A nonpolar covalent bond , also called a pure or apolar covalent bond, is the union of two atoms that share one or more pairs of electrons equally. This means that the electrons that form the bond spend approximately the same amount of time near one of the atoms as the other.
This type of bond occurs between two equal atoms (of the same element) or between two different atoms, but that have very similar electronegativities.
There are three types of chemical bonds that hold atoms together. These are: the ionic bond , the covalent bond, and the metallic bond. These bonds differ according to how the electrons are distributed around the atoms.
In the case of covalent bonds, the two atoms share the valence electrons, which means that these electrons, instead of revolving around one atom, revolve around both. However, this is not always fair, since electrons prefer to spend more time near the most electronegative atom, giving rise to a polar covalent bond.

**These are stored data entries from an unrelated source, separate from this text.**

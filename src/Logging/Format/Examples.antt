-- ===== src/Logging/Format/Examples.antt =====
-- Formats.
use sixchange.Base.{
  to_string, ℕ, ◌≡◌, refl, [], ◌∷◌, codes, Bytes, List, ok, Returns, false, arith, some, to_string,
}
use sixchange.Logging.LogRecord.{LogArgument, uint64, boolean}
use sixchange.Logging.Format.{substitute, write_formatted_message, parse_argument_index}
use sixchange.Logging.Format.Pieces.{
  Piece, literal, open_brace, automatic, numbered, format_of, expand,
  write_formatted_message-format_of,
}
use sixchange.Logging.Format.Totality.{write_formatted_message-Returns}

abbrev no_floats : ℕ → Bytes
no_floats x = []

abbrev arguments : List (LogArgument ℕ)
arguments = uint64 7 ∷ boolean false ∷ []

-- The format "a{{{}{1}{2}".
abbrev pieces : List Piece
pieces = literal b'a' ∷ open_brace ∷ automatic ∷ numbered 1 ∷ numbered 2 ∷ []

write_formatted_message-format_of_example :
    write_formatted_message no_floats (format_of pieces) arguments
    ≡ ok (expand no_floats arguments pieces 0)
write_formatted_message-format_of_example =
    write_formatted_message-format_of no_floats arguments pieces
      ((refl, refl), (tt, (tt, (omega arith, (omega arith, tt)))))

expands : expand no_floats arguments pieces 0 ≡ codes "a{7false{2}"
unfolding substitute to_string
expands = refl

write_formatted_message-Returns_example :
    Returns (λ written. Unit) (write_formatted_message no_floats (codes "{{{") arguments)
write_formatted_message-Returns_example =
    write_formatted_message-Returns no_floats (codes "{{{") arguments

-- An index that is no word wraps.
wraps : parse_argument_index (codes "18446744073709551617") ≡ some 1
unfolding parse_argument_index
wraps = refl
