-- ===== src/Logging/LogRecord/Bounds.antt =====
-- What an inline string keeps of a text.
use sixchange.Base.{
  ℕ, zero, suc, ◌≡◌, ◌≤◌, ◌<◌, ◌⊎◌, inl, inr, refl, ap, Bool-cases, true, false, [], ◌∷◌, ◌++◌,
  Bytes, take, drop, length, ltb, ltb→lt, not_ltb→le, arith,
}
use sixchange.Logging.LogRecord.{InlineString, make_inline_string}

take_all : (s : Bytes) → take (length s) s ≡ s
take_all [] = refl
take_all (c ∷ s) = ap (λ t. c ∷ t) (take_all s)

take-drop : (n : ℕ) (s : Bytes) → s ≡ take n s ++ drop n s
take-drop zero s = refl
take-drop (suc n) [] = refl
take-drop (suc n) (c ∷ s) = ap (λ t. c ∷ t) (take-drop n s)

length-take : (n : ℕ) (s : Bytes) → n ≤ length s → length (take n s) ≡ n
length-take zero s h = refl
length-take (suc n) [] h = absurd (omega arith)
length-take (suc n) (c ∷ s) h = omega (arith, length-take n s (omega (arith, h)))

-- The inline string of a text: all of it, not marked as truncated, or its first bytes, as many as
-- fit, marked as truncated.
abbrev pub IsInline : (capacity : ℕ) → Bytes → InlineString → Type 0
IsInline capacity value s =
    ((length value ≤ capacity) × (s.view ≡ value) × (s.truncated ≡ false))
    ⊎ ((capacity < length value)
        × (length s.view ≡ capacity)
        × ((rest : Bytes) × (value ≡ s.view ++ rest))
        × (s.truncated ≡ true))

-- An inline string keeps a text that fits, and of a longer text exactly as many first bytes as its
-- capacity; it is marked as truncated exactly for the longer ones.
pub make_inline_string-IsInline :
    (capacity : ℕ) (value : Bytes) → IsInline capacity value (make_inline_string capacity value)
unfolding make_inline_string
make_inline_string-IsInline capacity value = elim (Bool-cases (ltb capacity (length value))) [
  | inr fits ↦ rw fits (inl (not_ltb→le capacity (length value) fits, take_all value, refl))
  | inl long ↦
      let lt = ltb→lt capacity (length value) long in
      rw long (
        inr (
          lt,
          length-take capacity value (omega arith),
          (drop capacity value, take-drop capacity value),
          refl,
        ))
]
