-- ===== src/Logging/LogRecord/Examples.antt =====
-- An inline string of three bytes.
use sixchange.Base.{◌≡◌, refl, codes, true}
use sixchange.Logging.LogRecord.{make_inline_string}
use sixchange.Logging.LogRecord.Bounds.{IsInline, make_inline_string-IsInline}

cuts_text : make_inline_string 3 (codes "AAPL") ≡ record { view = codes "AAP"; truncated = true }
unfolding make_inline_string
cuts_text = refl

make_inline_string-IsInline_example :
    IsInline 3 (codes "AAPL") (make_inline_string 3 (codes "AAPL"))
make_inline_string-IsInline_example = make_inline_string-IsInline 3 (codes "AAPL")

Characteristics of the nonpolar covalent bond
1. They are formed between atoms with the same or very similar electronegativities
They are covalent bonds that are formed between the same atoms or that have very similar electronegativities. In general, a covalent bond is considered nonpolar if the difference in electronegativities is less than or equal to 0.4.

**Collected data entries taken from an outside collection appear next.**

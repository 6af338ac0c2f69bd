-- ===== src/Logging/SpscRing/Examples.antt =====
-- A ring of two slots, with one value on its way.
use sixchange.Base.{ℕ, ◌≡◌, ◌≢◌, ◌≤◌, refl, arith, [], ◌∷◌, List, length, ◌==◌, ltb, first, none}
use sixchange.Logging.SpscRing.{
  System, Reach, at_start, later, start, store, slot, is_full, capacity, try_push, try_pop,
  knows_head, knows_tail, has_room, has_value, begin_push, load_head, find_room, begin_pop,
  load_tail, find_value,
}
use sixchange.Logging.SpscRing.Safety.{
  OnTheirWay, Reach-OnTheirWay, Reach-slot, Reach-is_full, Reach-empty,
}
use sixchange.Logging.SpscRing.Calls.{
  pushed, popped, try_push-Reach, ProducerSteps, ConsumerSteps, try_push-Steps, try_pop-Steps,
}

abbrev blank : ℕ → ℕ
blank i = 0

-- The producer has sent 7.
abbrev one_sent : System ℕ
one_sent = pushed 1 (start blank) 7

one_sent-Reach : Reach 1 blank one_sent
one_sent-Reach = try_push-Reach 1 7 at_start refl

one_sent-received : (popped 1 one_sent).received ≡ 7 ∷ []
unfolding try_push try_pop store slot is_full
one_sent-received = refl

try_push-Steps_example :
    (pending : List ℕ) × OnTheirWay one_sent pending
    × ((try_push 1 one_sent.ring 8).1 ≡ ltb (length pending) (capacity 1))
    × ProducerSteps 1 one_sent (record one_sent { producer = knows_head 8 one_sent.ring.head })
    × ProducerSteps 1
        (record one_sent { producer = knows_head 8 one_sent.ring.head })
        (pushed 1 one_sent 8)
try_push-Steps_example = try_push-Steps 1 8 (omega arith) (omega arith) one_sent-Reach refl

try_pop-Steps_example :
    (pending : List ℕ) × OnTheirWay one_sent pending
    × ((try_pop 1 one_sent.ring).1 ≡ first pending none)
    × ConsumerSteps 1 one_sent (record one_sent { consumer = knows_tail one_sent.ring.tail })
    × ConsumerSteps 1
        (record one_sent { consumer = knows_tail one_sent.ring.tail })
        (popped 1 one_sent)
try_pop-Steps_example = try_pop-Steps 1 (omega arith) (omega arith) one_sent-Reach refl

Reach-OnTheirWay_example :
    (pending : List ℕ) × OnTheirWay one_sent pending × (length pending ≤ capacity 1)
Reach-OnTheirWay_example = Reach-OnTheirWay 1 (omega arith) (omega arith) one_sent-Reach

-- Both threads are about to use the storage: the producer for 8, the consumer for 7.
abbrev both_busy : System ℕ
both_busy = record one_sent { producer = has_room 8 1; consumer = has_value 0 }

asked : Reach 1 blank (record one_sent { producer = knows_head 8 1; consumer = knows_tail 0 })
unfolding try_push is_full
asked =
    later
      (later (later (later one_sent-Reach (begin_push 8 refl)) (load_head refl)) (begin_pop refl))
      (load_tail refl)

both_busy-Reach : Reach 1 blank both_busy
unfolding try_push is_full
both_busy-Reach = later (later asked (find_room refl refl)) (find_value refl refl)

Reach-slot_example : slot 1 1 ≢ slot 1 0
Reach-slot_example = Reach-slot 1 (omega arith) (omega arith) both_busy-Reach refl refl

Reach-is_full_example :
    (pending : List ℕ) × OnTheirWay one_sent pending
    × (is_full 1 1 one_sent.ring.tail ≡ (length pending == capacity 1))
Reach-is_full_example = Reach-is_full 1 (omega arith) (omega arith) asked refl

Reach-empty_example :
    (pending : List ℕ) × OnTheirWay one_sent pending
    × ((0 == one_sent.ring.head) ≡ (length pending == 0))
Reach-empty_example = Reach-empty 1 (omega arith) (omega arith) asked refl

2. They can be single, double or triple
Depending on the number of pairs of electrons that both atoms share, nonpolar or nonpolar covalent bonds can be single, double or triple.
When the bond is made up of a single pair of electrons, it is called a single bond, when two pairs of electrons are shared it is called a double bond, and if three pairs of electrons are shared it is called a triple bond.
3. They almost always involve non-metals
Metals are elements with very low electronegativities that form metallic bonds with each other. When they bond with nonmetals, they always form either ionic bonds or polar bonds. For this reason, nonpolar covalent bonds only form between non-metallic elements such as hydrogen and carbon.
A compound that only has nonpolar covalent bonds will be made up of nonpolar molecules. These types of compounds are characterized by having low boiling and melting points compared to metals and ionic compounds (some are even gases at room temperature), they are insoluble in water and are poor conductors of heat and electricity.
5. They can form solid, liquid or gaseous compounds at room temperature.
Because nonpolar covalently bonded compounds can have low but highly varied boiling and melting points, some of them are gases at room temperature (such as hydrogen, H 2 , and nitrogen, N 2 , for example), others They are liquid (such as bromine, Br 2 ), while others are solid (such as naphthalene, C 10 H 8 ).
6. They have relatively low binding energies.
Compared to ionic bonds, nonpolar covalent bonds are easier to break as they have lower bond energy. This means that less energy must be used to break a nonpolar covalent bond than an ionic bond.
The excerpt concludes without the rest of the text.